:: Dataset extract ::

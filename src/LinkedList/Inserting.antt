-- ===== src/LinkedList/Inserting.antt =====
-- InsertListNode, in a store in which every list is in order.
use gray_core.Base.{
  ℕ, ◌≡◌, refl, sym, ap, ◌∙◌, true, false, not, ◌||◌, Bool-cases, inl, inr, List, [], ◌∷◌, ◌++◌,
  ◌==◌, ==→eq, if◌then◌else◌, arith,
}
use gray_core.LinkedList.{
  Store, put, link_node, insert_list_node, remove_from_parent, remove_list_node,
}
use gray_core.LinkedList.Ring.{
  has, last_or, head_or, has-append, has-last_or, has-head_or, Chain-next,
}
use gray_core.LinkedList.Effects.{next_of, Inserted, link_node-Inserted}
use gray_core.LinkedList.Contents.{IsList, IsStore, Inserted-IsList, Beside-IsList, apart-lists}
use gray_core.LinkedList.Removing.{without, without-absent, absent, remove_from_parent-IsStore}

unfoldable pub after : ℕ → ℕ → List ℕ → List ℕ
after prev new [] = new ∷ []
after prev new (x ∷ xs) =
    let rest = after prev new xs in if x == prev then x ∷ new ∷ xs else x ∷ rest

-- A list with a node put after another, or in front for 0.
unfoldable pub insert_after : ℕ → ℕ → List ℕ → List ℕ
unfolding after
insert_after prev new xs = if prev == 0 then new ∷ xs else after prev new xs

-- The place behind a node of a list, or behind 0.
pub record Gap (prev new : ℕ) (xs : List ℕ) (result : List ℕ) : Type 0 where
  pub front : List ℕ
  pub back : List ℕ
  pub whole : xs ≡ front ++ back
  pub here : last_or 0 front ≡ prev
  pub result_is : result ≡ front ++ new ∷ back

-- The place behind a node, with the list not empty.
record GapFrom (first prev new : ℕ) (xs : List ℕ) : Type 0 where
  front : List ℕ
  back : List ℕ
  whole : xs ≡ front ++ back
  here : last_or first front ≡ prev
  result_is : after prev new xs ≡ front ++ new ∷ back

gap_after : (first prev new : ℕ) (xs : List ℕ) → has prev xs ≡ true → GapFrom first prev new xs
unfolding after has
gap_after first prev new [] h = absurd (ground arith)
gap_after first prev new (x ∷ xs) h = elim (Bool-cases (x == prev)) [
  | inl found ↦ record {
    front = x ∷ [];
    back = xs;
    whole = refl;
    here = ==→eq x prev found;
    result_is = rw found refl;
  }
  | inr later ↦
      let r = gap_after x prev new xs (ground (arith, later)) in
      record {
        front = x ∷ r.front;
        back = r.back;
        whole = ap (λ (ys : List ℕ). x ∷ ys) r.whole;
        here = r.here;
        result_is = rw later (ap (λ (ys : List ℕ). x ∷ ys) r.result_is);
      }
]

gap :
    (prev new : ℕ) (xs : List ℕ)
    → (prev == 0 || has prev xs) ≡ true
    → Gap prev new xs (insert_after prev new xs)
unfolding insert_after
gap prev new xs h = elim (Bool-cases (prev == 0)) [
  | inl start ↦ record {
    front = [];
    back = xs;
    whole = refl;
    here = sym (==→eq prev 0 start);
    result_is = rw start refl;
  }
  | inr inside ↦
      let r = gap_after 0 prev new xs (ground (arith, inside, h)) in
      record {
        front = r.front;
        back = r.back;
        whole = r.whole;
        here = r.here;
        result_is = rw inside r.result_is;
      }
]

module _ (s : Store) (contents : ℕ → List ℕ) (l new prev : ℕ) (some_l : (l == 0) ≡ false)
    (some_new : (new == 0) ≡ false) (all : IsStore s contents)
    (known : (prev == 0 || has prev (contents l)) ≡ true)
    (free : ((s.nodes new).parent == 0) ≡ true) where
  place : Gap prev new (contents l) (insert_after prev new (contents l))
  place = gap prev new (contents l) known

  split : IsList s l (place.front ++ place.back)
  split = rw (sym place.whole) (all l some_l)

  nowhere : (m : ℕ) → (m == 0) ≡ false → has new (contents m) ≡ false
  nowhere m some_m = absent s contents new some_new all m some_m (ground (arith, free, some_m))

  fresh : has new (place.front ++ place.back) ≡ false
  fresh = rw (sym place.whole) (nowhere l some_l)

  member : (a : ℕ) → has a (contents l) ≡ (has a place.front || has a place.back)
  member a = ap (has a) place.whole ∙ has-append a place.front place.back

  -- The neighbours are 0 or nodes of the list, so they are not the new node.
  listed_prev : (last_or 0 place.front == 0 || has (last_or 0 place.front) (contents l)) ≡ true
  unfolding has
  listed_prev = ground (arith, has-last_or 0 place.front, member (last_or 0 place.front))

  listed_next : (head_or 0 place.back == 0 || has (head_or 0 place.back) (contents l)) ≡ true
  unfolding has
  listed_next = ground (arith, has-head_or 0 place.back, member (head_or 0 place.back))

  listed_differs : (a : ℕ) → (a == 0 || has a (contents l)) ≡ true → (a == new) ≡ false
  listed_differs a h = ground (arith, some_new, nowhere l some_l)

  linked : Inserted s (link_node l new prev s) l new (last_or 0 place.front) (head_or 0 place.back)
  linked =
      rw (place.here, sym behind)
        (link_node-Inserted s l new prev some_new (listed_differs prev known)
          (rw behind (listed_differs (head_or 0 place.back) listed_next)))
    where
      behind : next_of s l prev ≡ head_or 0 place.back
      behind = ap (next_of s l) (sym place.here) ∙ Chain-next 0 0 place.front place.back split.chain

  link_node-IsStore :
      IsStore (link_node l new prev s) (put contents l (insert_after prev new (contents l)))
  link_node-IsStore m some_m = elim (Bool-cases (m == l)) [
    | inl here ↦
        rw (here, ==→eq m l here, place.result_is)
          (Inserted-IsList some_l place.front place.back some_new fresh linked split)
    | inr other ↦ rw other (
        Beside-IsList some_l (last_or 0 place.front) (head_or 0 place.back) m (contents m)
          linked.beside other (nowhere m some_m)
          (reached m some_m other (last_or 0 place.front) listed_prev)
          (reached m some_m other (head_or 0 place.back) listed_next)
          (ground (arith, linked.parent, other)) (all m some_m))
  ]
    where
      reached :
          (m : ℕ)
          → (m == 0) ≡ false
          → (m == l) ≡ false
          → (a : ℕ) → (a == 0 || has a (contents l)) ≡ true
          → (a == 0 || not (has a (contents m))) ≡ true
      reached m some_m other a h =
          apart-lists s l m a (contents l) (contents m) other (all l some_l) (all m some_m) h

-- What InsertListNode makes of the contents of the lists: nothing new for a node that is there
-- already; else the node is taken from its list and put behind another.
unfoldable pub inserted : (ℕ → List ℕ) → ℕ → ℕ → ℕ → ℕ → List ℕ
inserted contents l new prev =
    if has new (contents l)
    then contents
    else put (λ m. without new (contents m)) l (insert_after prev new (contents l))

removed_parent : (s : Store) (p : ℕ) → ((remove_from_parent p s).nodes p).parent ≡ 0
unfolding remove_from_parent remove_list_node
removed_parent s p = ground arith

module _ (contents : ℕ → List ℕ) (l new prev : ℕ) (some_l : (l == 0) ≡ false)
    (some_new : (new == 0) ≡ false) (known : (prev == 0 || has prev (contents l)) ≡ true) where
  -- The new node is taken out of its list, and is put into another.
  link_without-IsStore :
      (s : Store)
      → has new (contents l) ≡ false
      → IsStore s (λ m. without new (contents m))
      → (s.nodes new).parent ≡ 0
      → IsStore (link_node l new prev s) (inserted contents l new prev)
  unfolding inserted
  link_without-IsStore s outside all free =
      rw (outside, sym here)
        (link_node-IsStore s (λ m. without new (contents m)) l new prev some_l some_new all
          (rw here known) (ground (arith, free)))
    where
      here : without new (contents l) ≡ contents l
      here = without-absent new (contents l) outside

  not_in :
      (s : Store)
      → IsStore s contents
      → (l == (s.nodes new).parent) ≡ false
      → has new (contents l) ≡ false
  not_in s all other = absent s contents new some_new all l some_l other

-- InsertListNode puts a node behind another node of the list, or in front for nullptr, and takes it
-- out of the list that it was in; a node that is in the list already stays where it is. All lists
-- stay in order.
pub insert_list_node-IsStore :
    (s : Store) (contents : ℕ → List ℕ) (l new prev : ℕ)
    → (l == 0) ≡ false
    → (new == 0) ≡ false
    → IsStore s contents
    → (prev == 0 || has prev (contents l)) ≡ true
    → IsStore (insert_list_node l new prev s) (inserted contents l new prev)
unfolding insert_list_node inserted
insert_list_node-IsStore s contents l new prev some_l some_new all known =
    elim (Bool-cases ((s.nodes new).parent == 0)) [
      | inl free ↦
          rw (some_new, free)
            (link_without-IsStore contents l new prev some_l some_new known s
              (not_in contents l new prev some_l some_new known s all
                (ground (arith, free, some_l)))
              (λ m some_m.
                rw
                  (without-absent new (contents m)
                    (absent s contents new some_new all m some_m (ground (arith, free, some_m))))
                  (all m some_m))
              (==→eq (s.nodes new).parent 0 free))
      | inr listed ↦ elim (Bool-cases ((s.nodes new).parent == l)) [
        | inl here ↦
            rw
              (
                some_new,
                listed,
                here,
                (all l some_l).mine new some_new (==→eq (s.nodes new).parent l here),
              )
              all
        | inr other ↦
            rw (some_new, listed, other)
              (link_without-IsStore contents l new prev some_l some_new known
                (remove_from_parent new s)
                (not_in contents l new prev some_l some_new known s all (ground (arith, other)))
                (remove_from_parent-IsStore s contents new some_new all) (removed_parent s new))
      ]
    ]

:::
:: Dataset extract ::

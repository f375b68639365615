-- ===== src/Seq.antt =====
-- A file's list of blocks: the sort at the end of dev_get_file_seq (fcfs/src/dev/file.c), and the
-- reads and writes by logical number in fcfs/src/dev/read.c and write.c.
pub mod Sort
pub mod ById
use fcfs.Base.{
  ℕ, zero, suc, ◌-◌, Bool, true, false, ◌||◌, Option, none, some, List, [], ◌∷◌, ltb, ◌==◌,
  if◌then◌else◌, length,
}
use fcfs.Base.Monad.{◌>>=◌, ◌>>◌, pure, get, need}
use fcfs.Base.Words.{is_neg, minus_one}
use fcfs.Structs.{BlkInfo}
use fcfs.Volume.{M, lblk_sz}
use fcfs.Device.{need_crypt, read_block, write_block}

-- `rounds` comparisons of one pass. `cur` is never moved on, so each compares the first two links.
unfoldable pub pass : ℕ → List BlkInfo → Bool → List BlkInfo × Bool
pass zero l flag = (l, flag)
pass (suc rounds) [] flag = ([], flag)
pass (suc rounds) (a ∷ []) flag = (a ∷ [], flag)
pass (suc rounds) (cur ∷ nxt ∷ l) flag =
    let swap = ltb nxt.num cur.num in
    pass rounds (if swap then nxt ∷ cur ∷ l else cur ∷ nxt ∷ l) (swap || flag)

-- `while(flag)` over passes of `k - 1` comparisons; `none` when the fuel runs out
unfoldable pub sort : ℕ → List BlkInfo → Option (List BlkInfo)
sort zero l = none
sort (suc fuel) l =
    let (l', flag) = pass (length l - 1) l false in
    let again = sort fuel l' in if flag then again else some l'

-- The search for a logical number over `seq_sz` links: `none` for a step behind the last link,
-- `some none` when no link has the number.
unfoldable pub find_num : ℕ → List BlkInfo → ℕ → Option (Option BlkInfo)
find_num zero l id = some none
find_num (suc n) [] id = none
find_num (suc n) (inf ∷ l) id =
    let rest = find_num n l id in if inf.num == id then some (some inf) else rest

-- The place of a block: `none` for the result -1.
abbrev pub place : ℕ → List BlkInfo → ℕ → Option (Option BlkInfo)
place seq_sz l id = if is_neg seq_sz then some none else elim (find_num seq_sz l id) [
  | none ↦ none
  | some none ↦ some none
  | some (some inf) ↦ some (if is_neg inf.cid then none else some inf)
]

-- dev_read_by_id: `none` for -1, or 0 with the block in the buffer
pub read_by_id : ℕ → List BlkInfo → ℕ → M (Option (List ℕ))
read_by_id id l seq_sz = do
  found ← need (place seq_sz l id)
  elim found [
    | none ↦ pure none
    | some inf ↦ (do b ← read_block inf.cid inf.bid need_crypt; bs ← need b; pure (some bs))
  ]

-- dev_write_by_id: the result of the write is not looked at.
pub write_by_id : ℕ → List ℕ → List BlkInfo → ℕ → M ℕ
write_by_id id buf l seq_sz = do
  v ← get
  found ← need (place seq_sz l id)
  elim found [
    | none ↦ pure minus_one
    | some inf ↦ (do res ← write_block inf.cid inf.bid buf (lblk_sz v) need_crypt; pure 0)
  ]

:::
:: Dataset extract ::

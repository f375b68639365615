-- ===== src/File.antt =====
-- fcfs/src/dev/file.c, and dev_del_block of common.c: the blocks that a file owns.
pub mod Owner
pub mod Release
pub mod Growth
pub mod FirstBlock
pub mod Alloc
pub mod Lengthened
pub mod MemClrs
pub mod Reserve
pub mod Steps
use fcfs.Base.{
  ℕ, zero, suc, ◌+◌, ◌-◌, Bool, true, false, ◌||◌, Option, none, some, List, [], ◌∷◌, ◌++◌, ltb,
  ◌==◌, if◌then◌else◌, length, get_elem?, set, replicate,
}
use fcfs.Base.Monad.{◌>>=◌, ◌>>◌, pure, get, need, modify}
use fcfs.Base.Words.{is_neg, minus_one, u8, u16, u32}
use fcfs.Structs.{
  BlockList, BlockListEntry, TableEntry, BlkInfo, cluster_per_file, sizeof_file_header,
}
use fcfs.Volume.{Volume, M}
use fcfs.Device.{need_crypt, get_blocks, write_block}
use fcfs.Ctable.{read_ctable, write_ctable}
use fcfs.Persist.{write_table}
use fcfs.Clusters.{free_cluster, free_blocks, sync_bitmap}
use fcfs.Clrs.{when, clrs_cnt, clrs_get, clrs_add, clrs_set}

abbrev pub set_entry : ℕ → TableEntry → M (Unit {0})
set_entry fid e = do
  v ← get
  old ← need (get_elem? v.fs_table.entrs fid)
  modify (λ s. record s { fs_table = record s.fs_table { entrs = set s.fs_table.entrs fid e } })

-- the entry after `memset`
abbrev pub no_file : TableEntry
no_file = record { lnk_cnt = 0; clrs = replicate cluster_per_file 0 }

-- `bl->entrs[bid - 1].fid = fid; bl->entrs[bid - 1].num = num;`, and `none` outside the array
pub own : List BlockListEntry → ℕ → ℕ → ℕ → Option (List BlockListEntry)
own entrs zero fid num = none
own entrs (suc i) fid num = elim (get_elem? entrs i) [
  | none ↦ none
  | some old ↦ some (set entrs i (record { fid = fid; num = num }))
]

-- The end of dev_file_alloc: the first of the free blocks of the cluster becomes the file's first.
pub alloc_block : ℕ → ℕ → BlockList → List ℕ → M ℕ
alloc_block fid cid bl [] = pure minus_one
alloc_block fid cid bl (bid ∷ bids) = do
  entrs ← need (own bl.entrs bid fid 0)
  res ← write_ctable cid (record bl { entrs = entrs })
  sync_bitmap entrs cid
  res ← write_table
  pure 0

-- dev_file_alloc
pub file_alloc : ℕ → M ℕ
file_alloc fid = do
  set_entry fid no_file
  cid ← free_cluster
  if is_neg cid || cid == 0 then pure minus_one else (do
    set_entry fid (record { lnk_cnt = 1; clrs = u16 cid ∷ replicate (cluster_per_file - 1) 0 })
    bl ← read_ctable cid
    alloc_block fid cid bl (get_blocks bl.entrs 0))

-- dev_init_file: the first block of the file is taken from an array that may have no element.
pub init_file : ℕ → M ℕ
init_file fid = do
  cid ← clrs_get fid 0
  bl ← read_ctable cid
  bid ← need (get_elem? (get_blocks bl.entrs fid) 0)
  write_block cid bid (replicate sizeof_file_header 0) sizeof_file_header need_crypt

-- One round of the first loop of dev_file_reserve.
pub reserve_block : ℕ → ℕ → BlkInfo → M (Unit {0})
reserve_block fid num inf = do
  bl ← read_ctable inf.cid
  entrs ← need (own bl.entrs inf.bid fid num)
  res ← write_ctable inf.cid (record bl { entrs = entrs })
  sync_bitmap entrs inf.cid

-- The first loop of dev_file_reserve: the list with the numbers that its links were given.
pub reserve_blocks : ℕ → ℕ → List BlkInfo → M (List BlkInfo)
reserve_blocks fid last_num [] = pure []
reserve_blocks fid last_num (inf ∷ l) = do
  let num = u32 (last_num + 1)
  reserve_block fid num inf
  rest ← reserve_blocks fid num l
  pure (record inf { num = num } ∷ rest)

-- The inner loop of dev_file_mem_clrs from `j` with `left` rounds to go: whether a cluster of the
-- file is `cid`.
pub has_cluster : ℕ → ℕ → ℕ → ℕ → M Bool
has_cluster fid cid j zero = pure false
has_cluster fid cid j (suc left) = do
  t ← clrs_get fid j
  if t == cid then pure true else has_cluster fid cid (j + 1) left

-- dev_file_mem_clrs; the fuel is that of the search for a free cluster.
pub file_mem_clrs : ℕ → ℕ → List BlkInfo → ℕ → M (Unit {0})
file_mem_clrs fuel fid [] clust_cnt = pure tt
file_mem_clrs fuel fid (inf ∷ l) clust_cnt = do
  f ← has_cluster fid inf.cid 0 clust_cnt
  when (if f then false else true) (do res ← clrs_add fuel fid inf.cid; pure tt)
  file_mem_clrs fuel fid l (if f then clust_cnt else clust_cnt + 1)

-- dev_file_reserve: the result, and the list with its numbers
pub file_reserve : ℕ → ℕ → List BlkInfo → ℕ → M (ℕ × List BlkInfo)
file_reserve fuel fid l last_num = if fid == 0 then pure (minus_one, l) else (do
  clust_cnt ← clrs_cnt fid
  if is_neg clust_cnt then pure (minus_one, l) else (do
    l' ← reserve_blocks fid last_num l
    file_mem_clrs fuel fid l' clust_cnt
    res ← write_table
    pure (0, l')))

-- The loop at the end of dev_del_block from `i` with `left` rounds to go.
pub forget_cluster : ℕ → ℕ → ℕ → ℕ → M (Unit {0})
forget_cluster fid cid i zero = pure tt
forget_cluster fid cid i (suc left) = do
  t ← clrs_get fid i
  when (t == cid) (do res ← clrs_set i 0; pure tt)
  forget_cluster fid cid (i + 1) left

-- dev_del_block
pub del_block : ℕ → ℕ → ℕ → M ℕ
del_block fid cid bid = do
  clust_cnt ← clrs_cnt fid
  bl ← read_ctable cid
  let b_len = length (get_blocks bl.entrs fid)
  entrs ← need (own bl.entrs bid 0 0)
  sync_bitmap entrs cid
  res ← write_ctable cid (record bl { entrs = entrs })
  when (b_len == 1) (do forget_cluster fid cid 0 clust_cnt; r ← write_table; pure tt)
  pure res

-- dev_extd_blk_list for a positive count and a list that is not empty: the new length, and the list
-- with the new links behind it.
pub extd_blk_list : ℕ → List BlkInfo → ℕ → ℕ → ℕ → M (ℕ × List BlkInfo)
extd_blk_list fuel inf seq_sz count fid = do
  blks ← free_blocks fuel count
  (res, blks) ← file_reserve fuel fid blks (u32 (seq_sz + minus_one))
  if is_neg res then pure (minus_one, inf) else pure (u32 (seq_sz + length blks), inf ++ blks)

:::

▸ Required action:
The job here is to find each line above with the word "Type" and copy it.

▸ Answer to this exercise:
pub record Gap (prev new : ℕ) (xs : List ℕ) (result : List ℕ) : Type 0 where
record GapFrom (first prev new : ℕ) (xs : List ℕ) : Type 0 where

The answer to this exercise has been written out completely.